Energy lab's Piranha puts teeth into text analysis
- By Rutrell Yasin
- Nov 29, 2012
The Energy Department’s Oak Ridge National Laboratory has pioneered a new approach to text analytics that uses software agents distributed over very large computer clusters that can quickly filter through large volumes of documents, show relationships between them and present relevant information to business and government analysts.
The software, called Piranha, is designed to overcome challenges most people face attempting to derive accurate and relevant information as they sift through large amounts of data on their computers. Piranha works faster than traditional approaches by clustering massive amounts of textual information in relatively short amounts of time, due to the scalability of the agent architecture, ORNL officials said.
ORNL’s Computational Data Analytics Group has been working on the system for close to nine years, said Thomas Potok, senior scientist and group leader. “We are able to take pretty large collections of text, go through and group them, cluster them and show people things of interest and significance,” Potok said.
Text analytics has been attracting the attention of agencies that deal with large amounts of unstructured data, such as NASA’s analysis of airline safety reports and a Homeland Security Department-funded bio-preparedness collective.
Typical users of Piranha might be law enforcement or military analysts, health care workers or anyone who has a large collection of text documents and needs help figuring out what they have, Potok said.

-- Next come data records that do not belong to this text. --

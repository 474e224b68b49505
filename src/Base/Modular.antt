-- ===== src/Base/Modular.antt =====
-- Indices that go round a ring of `n` places.
use Prim.Native.Nat.{ℕ, ◌+◌, ◌-◌, ◌%◌, ◌^◌, ◌<◌}
use mathlib.Core.Path.{◌≡◌, sym, ◌∙◌, ap}
use mathlib.Core.Logic.{◌≢◌}
use native.Mathlib.Decide.{dec_lt}
use native.Mathlib.Nat.{mod-add-mod, mod-eq_of_lt, mod-eq-sub-mod, mod-lt}
use native.Mathlib.Omega.{arith}

-- Fewer than `n` steps do not come back to the start.
pub mod-add-ne : (n start d : ℕ) → start < n → 0 < d → d < n → (start + d) % n ≢ start
mod-add-ne n start d hs hd hn = elim (dec_lt (start + d) n) [
  | yes p ↦ omega (arith, mod-eq_of_lt p)
  | no p ↦ omega (
    arith,
    mod-eq-sub-mod {n = start + d} {m = n} (omega arith),
    mod-eq_of_lt {n = start + d - n} {m = n} (omega arith),
  )
]

-- Two counts less than `n` apart stand at different places.
pub mod-ne : (n j k : ℕ) → j < k → k < j + n → j % n ≢ k % n
mod-ne n j k h hn e =
    mod-add-ne n (j % n) (k - j) (mod-lt j (omega arith)) (omega arith) (omega arith)
      (mod-add-mod j n (k - j) ∙ ap (λ (m : ℕ). m % n) back ∙ sym e)
  where
    back : j + (k - j) ≡ k
    back = omega arith

-- The next place, computed with `size_t` addition from a place in range.
pub add_size-mod : (n k : ℕ) → 0 < n → n < 2 ^ 64 → (k % n + 1) % 2 ^ 64 % n ≡ (k + 1) % n
add_size-mod n k pos small = ap (λ (m : ℕ). m % n) (omega (arith, mod-lt k pos)) ∙ mod-add-mod k n 1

At one time, researchers or investigators might have a hundred documents to read, going through each document one by one on a computer. Now researchers might have to find patterns among of millions of documents. ORNL, in fact, is working with a law enforcement agency, helping investigators sift through millions of documents.
So far, ORNL has licensed Piranha to two companies, Pro2Serve and TextOre, Potok said. Pro2Serve, a Knoxville, Tenn.-based provider of technical and engineering services for critical infrastructure protection, will incorporate the software in the services it offers government agencies. TextOre, based in Fairfax, Va., is incorporating Piranha into the company’s suite of business analytical software and services to help analyze text data with greater speed and accuracy.

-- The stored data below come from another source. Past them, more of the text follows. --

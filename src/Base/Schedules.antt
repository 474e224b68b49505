-- ===== src/Base/Schedules.antt =====
-- Schedules of two threads: `true` picks the first, `false` the second.
use Prim.Native.Nat.{ℕ, zero, suc}
use mathlib.Core.Bool.{Bool, true, false}
use mathlib.Core.List.{List, [], ◌∷◌}

-- The two in turn.
abbrev pub rounds : ℕ → List Bool
rounds zero = []
rounds (suc k) = true ∷ false ∷ rounds k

Analysts using Piranha can select a document and quickly find other documents that are a close match. If they select an e-mail message of interest, clustering allows them to quickly find similar e-mails on other computers, thus potentially establishing a link.

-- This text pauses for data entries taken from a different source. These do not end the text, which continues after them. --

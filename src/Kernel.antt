-- ===== src/Kernel.antt =====
-- What the program sees of the operating system: error numbers, and `wouldBlock` of
-- src/socket_utils.cpp, which sorts them.
use lowlatency_cpp.Base.{ℕ, Bool, true, false, ◌||◌}

-- `errno` after a call that failed.
pub data Errno : Type 0 where
  eagain : Errno
  ewouldblock : Errno
  einprogress : Errno
  eintr : Errno
  other : ℕ → Errno

abbrev pub is_eagain : Errno → Bool
is_eagain eagain = true
is_eagain _ = false

abbrev pub is_ewouldblock : Errno → Bool
is_ewouldblock ewouldblock = true
is_ewouldblock _ = false

abbrev pub is_einprogress : Errno → Bool
is_einprogress einprogress = true
is_einprogress _ = false

abbrev pub would_block : Errno → Bool
would_block e = is_eagain e || (is_ewouldblock e || is_einprogress e)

Piranha also lets analysts perform document sampling. A set of documents typically will contain common themes or topics. Representative themes from these documents can be quickly found. A hard drive may store thousands of documents across many different topics, from finances to favorite restaurants. Ten or 20 representative documents from these themes can be found and used by an analyst to determine what they mean.
Piranha has a “recommender” capability that lets users filter documents that are related to the subject they are researching. These documents can form the basis for searching for related documents and can help reduce the number of documents the user has to sift through, Potok said.
Then analysts can begin to determine how the documents are related. “If I have to put these documents into folders and group them, how would they be grouped?” Users can start looking at the entities and words within the documents for connections. “What we do is go from millions of documents down to very relevant case information or intelligence and say, ‘This is what I can act on immediately,’” Potok said. “This whole process now takes a matter of days instead of months, which is typical.”